De-Noising Quasar Spectra

Saturday. July 13, 2019 - 9 mins

A quasar can be defined as an extremely Active Galactic Nucleus (AGN). An AGN is nothing more than a supermassive black hole that is active and feeding at the center of a galaxy. They are extremely bright and sometimes mistaken for stars. However, the energy output of a star is nowhere near the amount of energy pumped out by a quasar. The word “quasar” originates from the contraction of “quasi-stellar”, which references a star-like radio source.

Properties of Quasars :

The electromagnetic spectrum gives us the range of frequencies of different electromagnetic waves and their respective wavelengths. There are different electromagnetic wave regions, based on their frequency.

Quasars are known to emit electromagnetic radiation, which lies between the visible and X-ray regions. They also emit large amounts of ultraviolet waves.

Quasar Spectra for “Messier 31” Galaxy is shown below :

Understanding the properties of the spectrum of the light emitted by a quasar is useful for a number of tasks :

A number of quasar properties can be estimated from the spectra.
Properties of the regions of the universe through which the light passes can also be evaluated. For example, in estimating the density of neutral and ionized particles in the universe, which helps cosmologists understand the evolution and fundamental laws governing its structure.

The light spectrum is a curve that relates the light’s intensity (formally, lumens per square meter), or luminous flux, to its wavelength. The wavelengths are measured in Angstroms (°A), where 1°A= 10^(−10) meters.

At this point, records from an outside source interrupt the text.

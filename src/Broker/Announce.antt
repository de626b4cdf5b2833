-- ===== src/Broker/Announce.antt =====
-- asty/internal/agent: the events that change a node's peers and wake its supervisor. These are the
-- announcements of commands.go, the watch of natspeers.go and the lost quorum of natssolo.go.
use asty.Common.{
  Bool, true, false, not, ◌||◌, Option, none, some, List, [], ◌∷◌, Text, codes, if◌then◌else◌, leb,
}
use asty.Common.Int.{pos, eqb_ℤ}
use asty.Agent.Peers.{NatsPeers, all_peer_ips, count_by_node, has_bootstrap, add_bootstrap, on_peer}
use asty.Broker.Conf.{is_clustered}
use asty.Broker.State.{Node, Setup, signal_nats_restart, signal_nats_solo}

-- `MarshalResponse`: a success with its message, or an error.
pub data Response : Type 0 where
  accepted : Text → Response
  rejected : Text → Response

-- What another goroutine takes up: a change of a record, with the node, its address and whether it is
-- gone, or the payload of an announcement.
pub data Arrival : Type 0 where
  recorded : Text → Text → Bool → Arrival
  told : Option Text → Arrival

module _ {B : Type 0} (s : Setup B) where
  -- The end of `applyPeerAnnounce`.
  unfoldable pub announced : Node → Bool × NatsPeers → Bool × Node
  unfolding signal_nats_restart
  announced n (false, p) = (false, n)
  announced n (true, p) = (true, signal_nats_restart (record n { peers = p; in_solo = false }))

  unfoldable pub apply_peer_announce : Text → Node → B → Bool × Node
  unfolding announced add_bootstrap
  apply_peer_announce ip n b = announced n (add_bootstrap ip (s.host.resolve_ip b) n.peers)

  -- `handleAddPeerCommand` on a payload that parses to an address or not: the response, the addresses
  -- that are broadcast, and the node.
  unfoldable pub handle_add_peer : Option Text → Node → B → Response × List Text × Node
  unfolding apply_peer_announce
  handle_add_peer none n b = (rejected (codes "parse"), [], n)
  handle_add_peer (some []) n b = (rejected (codes "add-peer: empty ip"), [], n)
  handle_add_peer (some (c ∷ ip)) n b =
      let (is_new, n₁) = apply_peer_announce (c ∷ ip) n b in
      (accepted (codes "peer registered"), (if is_new then (c ∷ ip) ∷ [] else []), n₁)

  -- The callback of `subscribePeerAnnounce`.
  unfoldable pub on_peer_announce : Option Text → Node → B → Node
  unfolding apply_peer_announce
  on_peer_announce none n b = n
  on_peer_announce (some []) n b = n
  on_peer_announce (some (c ∷ ip)) n b = (apply_peer_announce (c ∷ ip) n b).1

  unfoldable pub peers_changed : Node → Bool × NatsPeers → Node
  unfolding signal_nats_restart
  peers_changed n (false, p) = record n { peers = p }
  peers_changed n (true, p) = signal_nats_restart (record n { peers = p })

  -- The callback of `watchNATSPeers`.
  unfoldable pub on_change : Text → Text → Bool → Node → Node
  unfolding peers_changed on_peer
  on_change id ip gone n = peers_changed n (on_peer s.node_id n.in_solo id ip gone n.peers)

  -- An event of another goroutine: a record of the watch, or an announcement.
  unfoldable pub arrive : Arrival → Node → B → Node
  unfolding on_change on_peer_announce
  arrive (recorded id ip gone) n b = on_change id ip gone n
  arrive (told ip) n b = on_peer_announce ip n b

  unfoldable pub arrive_all : List Arrival → Node → B → Node
  unfolding arrive
  arrive_all [] n b = n
  arrive_all (e ∷ es) n b = arrive_all es (arrive e n b) b

  unfoldable pub clustered_now : B → Bool
  unfolding is_clustered
  clustered_now b = elim (s.host.read s.conf_path b) [
    | none ↦ false
    | some conf ↦ is_clustered conf
  ]

  unfoldable pub answers : List Text → B → Bool
  answers [] b = false
  answers (ip ∷ ips) b =
      let rest = answers ips b in if s.host.dial ip s.config.cluster_port b then true else rest

  unfoldable pub has_any_reachable_peer : NatsPeers → B → Bool
  unfolding answers count_by_node has_bootstrap all_peer_ips
  has_any_reachable_peer p b =
      let known = answers (all_peer_ips p) b in
      if eqb_ℤ s.config.cluster_port (pos 0)
      then not (leb (count_by_node p) 0) || has_bootstrap p
      else known

  unfoldable pub handle_quorum_lost : Node → B → Node
  unfolding clustered_now has_any_reachable_peer signal_nats_solo
  handle_quorum_lost n b =
      if not (clustered_now b)
      then n
      else if has_any_reachable_peer n.peers b
      then n
      else signal_nats_solo n
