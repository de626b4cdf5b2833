-- ===== src/Broker/Streams.antt =====
-- asty/internal/agent/natssolo.go: the streams on disk are set to one replica. `replace` is the
-- replacement of the replica counts in a file, `hash` the HighwayHash of a file keyed by a name, or
-- `none` where the key is refused.
use asty.Common.{
  Bool, true, false, Option, none, some, List, [], ◌∷◌, ◌++◌, Text, codes, same, if◌then◌else◌,
}
use asty.Broker.Files.{Host, dir_of, base_of}

pub data Failure : Type 0 where
  unread no_sum unwritten sum_unwritten : Failure

module _ {B : Type 0} (h : Host B) (replace : Text → Text) (hash : Text → Text → Option Text) where
  unfoldable pub meta_sum : Text → Text → Text
  meta_sum stream content = elim (hash stream content) [ none ↦ [] | some sum ↦ sum ]

  unfoldable pub sum_path : Text → Text
  unfolding dir_of
  sum_path path = dir_of path ++ codes "/meta.sum"

  unfoldable pub sum_written : Bool × B → (Bool × Option Failure) × B
  sum_written (false, b) = ((true, some sum_unwritten), b)
  sum_written (true, b) = ((true, none), b)

  unfoldable pub meta_written : Text → Text → Bool × B → (Bool × Option Failure) × B
  unfolding sum_written sum_path
  meta_written path sum (false, b) = ((false, some unwritten), b)
  meta_written path sum (true, b) = sum_written (h.write (sum_path path) sum b)

  -- The two writes; the answer is whether the stream changed, and the error.
  unfoldable pub write_both : Text → Text → Text → B → (Bool × Option Failure) × B
  unfolding meta_written
  write_both path edited sum b = meta_written path sum (h.write path edited b)

  unfoldable pub edit_meta : Text → Text → Text → B → (Bool × Option Failure) × B
  unfolding write_both meta_sum
  edit_meta path stream content b =
      let written = write_both path (replace content) (meta_sum stream (replace content)) b in
      if same (replace content) content
      then ((false, none), b)
      else if same (meta_sum stream (replace content)) []
      then ((false, some no_sum), b)
      else written

  unfoldable pub force_stream_meta_to_r1 : Text → Text → B → (Bool × Option Failure) × B
  unfolding edit_meta
  force_stream_meta_to_r1 path stream b = elim (h.read path b) [
    | none ↦ ((false, some unread), b)
    | some content ↦ edit_meta path stream content b
  ]

  -- The loop of `forceStreamsToR1`: an error is logged, the RAFT log of the stream is dropped.
  unfoldable pub force_streams : List Text → B → B
  unfolding force_stream_meta_to_r1 base_of dir_of
  force_streams [] b = b
  force_streams (path ∷ paths) b =
      let stream = base_of (dir_of path) in
      let b₁ = (force_stream_meta_to_r1 path stream b).1 in
      force_streams paths (h.remove_all (dir_of path ++ codes "/_meta_") b₁).1

  unfoldable pub force_streams_to_r1 : B → B
  unfolding force_streams
  force_streams_to_r1 b = elim (h.glob b) [ none ↦ b | some paths ↦ force_streams paths b ]

  unfoldable pub remove_dirs : List Text → B → B
  remove_dirs [] b = b
  remove_dirs (d ∷ ds) b = remove_dirs ds (h.remove_all d b).1

  unfoldable pub drop_all_raft_state : B → B
  unfolding remove_dirs
  drop_all_raft_state b = remove_dirs (h.meta_dirs b) b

The blue line shows the intrinsic (i.e. original) flux spectrum emitted by the quasar. The red line denotes the observed spectrum here on Earth. To the left of the Lyman- α line, the observed flux is damped and the intrinsic (unabsorbed) flux continuum is not clearly recognizable (red line). To the right of the Lyman-α line, the observed flux approximates the intrinsic spectrum.

The Lyman-α wavelength is a wavelength beyond which intervening particles at most negligibly interfere with light emitted from the quasar. (Interference generally occurs when a photon is absorbed by a neutral hydrogen atom, which only occurs for certain wavelengths of light.) For wavelengths greater than this Lyman-α wavelength, the observed light spectrum f_obs can be modeled as a smooth spectrum f plus noise:

f_obs(λ) = f(λ) + noise(λ)

For wavelengths below the Lyman-α wavelength, a region of the spectrum known as the Lyman-α forest, intervening matter causes attenuation of the observed signal. As light emitted by the quasar travels through regions of the universe richer in neutral hydrogen, some of it is absorbed, which modeled as

f_obs(λ) = absorption(λ) · f(λ) + noise(λ)

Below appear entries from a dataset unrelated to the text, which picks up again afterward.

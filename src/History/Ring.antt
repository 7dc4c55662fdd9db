-- ===== src/History/Ring.antt =====
-- Positions in a ring, and lists of consecutive values, for the ring of history samples
-- (src/ngx_http_monitoring_collectors.c, src/ngx_http_monitoring_json.c).
use native.Mathlib.Decide.{dec_lt}
use native.Mathlib.Nat.{mod-lt, mod-add-mod, mod-eq_of_lt, mod-eq-sub-mod}
use ngx_http_monitoring_modu.Prelude.{
  ℕ, zero, suc, ◌+◌, ◌-◌, ◌%◌, ◌≤◌, ◌<◌, ◌≡◌, ◌≢◌, refl, sym, ◌∙◌, ap, ap₂, List, [], ◌∷◌, ◌++◌,
  arith,
}

-- Adding the capacity to a position does not move it.
pub mod-add-capacity : (w c : ℕ) → (w + c) % c ≡ w % c
mod-add-capacity w c =
    let e : w + c - c ≡ w = omega arith in mod-eq-sub-mod (omega arith) ∙ ap (λ k. k % c) e

-- Less than a full turn away is another position.
pub mod-add-ne : (w d c : ℕ) → 0 < d → d < c → (w + d) % c ≢ w % c
mod-add-ne w d c p q e =
    let r : w % c < c = mod-lt w (omega arith) in
    let m : (w % c + d) % c ≡ w % c = mod-add-mod w c d ∙ e in
    elim (dec_lt (w % c + d) c) [
      | yes h ↦ let m' : w % c + d ≡ w % c = sym (mod-eq_of_lt h) ∙ m in omega arith
      | no h ↦
          let l : w % c + d - c < c = omega arith in
          let s : (w % c + d) % c ≡ (w % c + d - c) % c = mod-eq-sub-mod (omega arith) in
          let m' : w % c + d - c ≡ w % c = sym (mod-eq_of_lt l) ∙ sym s ∙ m in omega arith
    ]

module _ {ℓ} {A : Type ℓ} where
  -- The values at `n` positions from `i` on.
  abbrev pub tabulate : ℕ → ℕ → (ℕ → A) → List A
  tabulate zero i f = []
  tabulate (suc n) i f = f i ∷ tabulate n (i + 1) f

  pub tabulate_ext :
      (n i : ℕ) (f g : ℕ → A)
      → ((j : ℕ) → i ≤ j → j < i + n → f j ≡ g j)
      → tabulate n i f ≡ tabulate n i g
  tabulate_ext zero i f g h = refl
  tabulate_ext (suc n) i f g h =
      ap₂ ◌∷◌ (h i (omega arith) (omega arith))
        (tabulate_ext n (i + 1) f g (λ j a b. h j (omega arith) (omega arith)))

  pub tabulate-suc : (n i : ℕ) (f : ℕ → A) → tabulate (suc n) i f ≡ tabulate n i f ++ f (i + n) ∷ []
  tabulate-suc zero i f = let e : i + 0 ≡ i = omega arith in ap (λ k. f k ∷ []) (sym e)
  tabulate-suc (suc n) i f =
      let e : i + 1 + n ≡ i + suc n = omega arith in
      ap (λ xs. f i ∷ xs) (tabulate-suc n (i + 1) f ∙ ap (λ k. tabulate n (i + 1) f ++ f k ∷ []) e)

  pub tabulate_shift : (n i : ℕ) (f : ℕ → A) → tabulate n (i + 1) f ≡ tabulate n i (λ j. f (j + 1))
  tabulate_shift zero i f = refl
  tabulate_shift (suc n) i f = ap (λ xs. f (i + 1) ∷ xs) (tabulate_shift n (i + 1) f)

Astrophysicists and cosmologists wish to understand the absorption function, which gives infor- mation about the Lyman-α forest, and hence the distribution of neutral hydrogen in otherwise unreachable regions of the universe. This gives clues toward the formation and evolution of the universe. Thus, it is our goal to estimate the spectrum f of an observed quasar.

Getting the data :

Used data generated from the Hubble Space Telescope Faint Object Spectrograph (HST-FOS), Spectra of Active Galactic Nuclei and Quasars. Dataset

I wish to predict an entire part of a spectrum—a curve—from noisy observed data. I begin by supposing that I observe a random sample of m absorption-free spectra, which is possible for quasars very close (in a sense relative to the size of the universe!) to Earth. For a given spectrum f, define f_right to be the spectrum to the right of the Lyman-α line. Let f_left be the spectrum within the Lyman-α forest region, that is, for lower wavelengths. To make the results cleaner, defined as:

f(λ) = ( f_left(λ) ; if λ < 1200 and f_right(λ) ; if λ ≥ 1300 )

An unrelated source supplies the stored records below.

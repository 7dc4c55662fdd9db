-- ===== src/History/Laws.antt =====
-- The history is a ring: the reader gets the latest samples, the oldest first
-- (src/ngx_http_monitoring_collectors.c, src/ngx_http_monitoring_json.c,
-- src/ngx_http_monitoring_shm.c).
use native.Mathlib.Nat.{mod-lt}
use ngx_http_monitoring_modu.Prelude.{
  ℕ, zero, suc, ◌+◌, ◌-◌, ◌%◌, ◌^◌, ◌≤◌, ◌<◌, ◌≡◌, ◌≢◌, refl, sym, ◌∙◌, ap, ap₂, [], ◌∷◌, ◌++◌,
  arith, length, get_or, get_or-set_self, get_or-set_ne, drop, min, set, true, false, ltb, ne→==,
  if◌then◌else◌, add_word, sub_word,
}
use ngx_http_monitoring_modu.State.{ShCtx, HistorySample, history_max}
use ngx_http_monitoring_modu.History.{writer_capacity, push_sample, samples_from, json_history}
use ngx_http_monitoring_modu.History.Ring.{
  mod-add-capacity, mod-add-ne, tabulate, tabulate_ext, tabulate-suc, tabulate_shift,
}

module _ {Double : Type 0} where
  -- The capacity lies within the array, and the count within the capacity.
  pub record IsRing (sh : ShCtx Double) : Type 0 where
    pub size : length sh.history ≡ history_max
    pub capacity_pos : 1 ≤ sh.history_capacity
    pub capacity_le : sh.history_capacity ≤ history_max
    pub count_le : sh.history_count ≤ sh.history_capacity

  -- The position of the `i`-th sample that is kept.
  abbrev pub position : ShCtx Double → ℕ → ℕ
  position sh i =
      (sh.history_write + (sh.history_capacity - sh.history_count) + i) % sh.history_capacity

  abbrev pub kept : HistorySample Double → ShCtx Double → ℕ → HistorySample Double
  kept z sh i = get_or sh.history (position sh i) z

  module _ (z : HistorySample Double) (sh : ShCtx Double) (ring : IsRing sh)
      (bound : sh.history_write < 2 ^ 63) where
    samples_from-tabulate :
        (n i : ℕ)
        → i + n ≤ sh.history_count
        → samples_from z sh sh.history_capacity sh.history_count n i ≡ tabulate n i (kept z sh)
    unfolding samples_from
    samples_from-tabulate zero i h = refl
    samples_from-tabulate (suc n) i h =
        let c = ring.capacity_le in
        let k = ring.count_le in
        let e : add_word (sub_word (add_word sh.history_write sh.history_capacity) sh.history_count)
              i
            ≡ sh.history_write + (sh.history_capacity - sh.history_count) + i =
          omega arith in
        ap₂ ◌∷◌ (ap (λ j. get_or sh.history (j % sh.history_capacity) z) e)
          (samples_from-tabulate n (i + 1) (omega arith))

    pub json_history-tabulate : json_history z sh ≡ tabulate sh.history_count 0 (kept z sh)
    unfolding json_history
    json_history-tabulate =
        let p = ring.capacity_pos in
        let c = ring.capacity_le in
        let k = ring.count_le in
        let e : min sh.history_count history_max ≡ sh.history_count = omega arith in
        let f : min sh.history_capacity history_max ≡ sh.history_capacity = omega arith in
        rw (e, f, ne→== sh.history_capacity 0 (omega arith))
          (samples_from-tabulate sh.history_count 0 (omega arith))

    writer_capacity-ring : writer_capacity sh ≡ sh.history_capacity
    writer_capacity-ring =
        let p = ring.capacity_pos in
        let c = ring.capacity_le in
        let a : ltb history_max sh.history_capacity ≡ false = ground arith in
        rw (ne→== sh.history_capacity 0 (omega arith), a)

    module _ (s : HistorySample Double) where
      abbrev pushed : ShCtx Double
      pushed = push_sample s sh

      pub push_sample-history :
          pushed.history ≡ set sh.history (sh.history_write % sh.history_capacity) s
      unfolding push_sample
      push_sample-history = ap (λ c. set sh.history (sh.history_write % c) s) writer_capacity-ring

      pub push_sample-write : pushed.history_write ≡ sh.history_write + 1
      unfolding push_sample
      push_sample-write = omega arith

      pub push_sample-capacity : pushed.history_capacity ≡ sh.history_capacity
      unfolding push_sample
      push_sample-capacity = refl

      push_sample-count : pushed.history_count ≡ (
          if ltb sh.history_count sh.history_capacity
          then sh.history_count + 1
          else sh.history_count)
      unfolding push_sample
      push_sample-count =
          let c = ring.capacity_le in
          let k = ring.count_le in
          let e : add_word sh.history_count 1 ≡ sh.history_count + 1 = omega arith in
          rw (writer_capacity-ring, e) refl

      -- The new sample stands at the write position.
      kept-new :
          (i : ℕ) → position pushed i ≡ sh.history_write % sh.history_capacity → kept z pushed i ≡ s
      kept-new i e =
          let p = ring.capacity_pos in
          let c = ring.capacity_le in
          let m : sh.history_write % sh.history_capacity < sh.history_capacity =
            mod-lt sh.history_write (omega arith) in
          let l : sh.history_write % sh.history_capacity < length sh.history =
            omega (arith, ring.size) in
          ap (λ j. get_or pushed.history j z) e
          ∙ ap (λ xs. get_or xs (sh.history_write % sh.history_capacity) z) push_sample-history
          ∙ get_or-set_self sh.history (sh.history_write % sh.history_capacity) s z l

      -- The other samples are as they were.
      kept-old :
          (i j : ℕ)
          → position pushed i ≡ position sh j
          → position sh j ≢ sh.history_write % sh.history_capacity
          → kept z pushed i ≡ kept z sh j
      kept-old i j e n =
          ap (λ k. get_or pushed.history k z) e
          ∙ ap (λ xs. get_or xs (position sh j) z) push_sample-history
          ∙ get_or-set_ne sh.history (sh.history_write % sh.history_capacity) (position sh j) s z
              (λ q. n (sym q))

      position-pushed :
          (i count n : ℕ)
          → pushed.history_count ≡ count
          → sh.history_write + 1 + (sh.history_capacity - count) + i ≡ n
          → position pushed i ≡ n % sh.history_capacity
      position-pushed i count n h e =
          rw (push_sample-write, push_sample-capacity, h) (ap (λ m. m % sh.history_capacity) e)

      -- In a ring that is not full, every sample keeps its place and the new one comes last.
      module _ (room : sh.history_count < sh.history_capacity) where
        pub count-room : pushed.history_count ≡ sh.history_count + 1
        count-room =
            let e : ltb sh.history_count sh.history_capacity ≡ true = ground arith in
            push_sample-count ∙ ap (λ b. if b then sh.history_count + 1 else sh.history_count) e

        pub tabulate-room :
            tabulate (suc sh.history_count) 0 (kept z pushed)
            ≡ tabulate sh.history_count 0 (kept z sh) ++ s ∷ []
        tabulate-room =
            tabulate-suc sh.history_count 0 (kept z pushed)
            ∙ ap₂ (λ xs x. xs ++ x ∷ [])
                (tabulate_ext sh.history_count 0 (kept z pushed) (kept z sh) (λ j a b.
                  kept-old j j (position-pushed j (sh.history_count + 1) _ count-room (omega arith))
                    (λ q.
                      let e : sh.history_write + (sh.history_capacity - sh.history_count) + j
                          ≡ sh.history_write + (sh.history_capacity - sh.history_count + j) =
                        omega arith in
                      mod-add-ne sh.history_write (sh.history_capacity - sh.history_count + j)
                        sh.history_capacity (omega arith) (omega arith)
                        (ap (λ m. m % sh.history_capacity) (sym e) ∙ q))))
                (kept-new (0 + sh.history_count) (
                  position-pushed (0 + sh.history_count) (sh.history_count + 1)
                    (sh.history_write + sh.history_capacity) count-room (omega arith)
                  ∙ mod-add-capacity sh.history_write sh.history_capacity))

      -- In a full ring, the oldest sample gives way.
      module _ (n : ℕ) (cap : sh.history_capacity ≡ suc n)
          (full : sh.history_count ≡ sh.history_capacity) where
        pub count-full : pushed.history_count ≡ sh.history_count
        count-full =
            let e : ltb sh.history_count sh.history_capacity ≡ false = ground arith in
            push_sample-count ∙ ap (λ b. if b then sh.history_count + 1 else sh.history_count) e

        pub tabulate-full :
            tabulate (suc n) 0 (kept z pushed) ≡ drop 1 (tabulate (suc n) 0 (kept z sh)) ++ s ∷ []
        tabulate-full =
            tabulate-suc n 0 (kept z pushed)
            ∙ ap₂ (λ xs x. xs ++ x ∷ [])
                (tabulate_ext n 0 (kept z pushed) (λ j. kept z sh (j + 1))
                    (λ j a b.
                      kept-old j (j + 1)
                        (position-pushed j sh.history_count _ count-full (omega arith))
                        (λ q.
                          let e : sh.history_write
                                + (sh.history_capacity - sh.history_count)
                                + (j + 1)
                              ≡ sh.history_write + (j + 1) =
                            omega arith in
                          mod-add-ne sh.history_write (j + 1) sh.history_capacity (omega arith)
                            (omega arith) (ap (λ m. m % sh.history_capacity) (sym e) ∙ q)))
                  ∙ sym (tabulate_shift n 0 (kept z sh)))
                (kept-new (0 + n) (
                  position-pushed (0 + n) sh.history_count (sh.history_write + sh.history_capacity)
                    count-full (omega arith)
                  ∙ mod-add-capacity sh.history_write sh.history_capacity))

wl_right = wave_lens[wave_lens >= 1300]
wl_left = wave_lens[wave_lens < 1200]

Will learn a function r (for regression) that maps an observed f_right to an unobserved target f_left (note that f_left and f_right don’t cover the entire spectrum). This is useful in practice because I observe f_right with only random noise: there is no systematic absorp- tion, which I cannot observe directly, because hydrogen does not absorb photons with higher wavelengths. By predicting f_left from a noisy version of f_right, Now I can estimate the unobservable spectrum of a quasar as well as the absorption function. Imaging systems collect data of the form

f_obs(λ) = absorption(λ) · f(λ) + noise(λ)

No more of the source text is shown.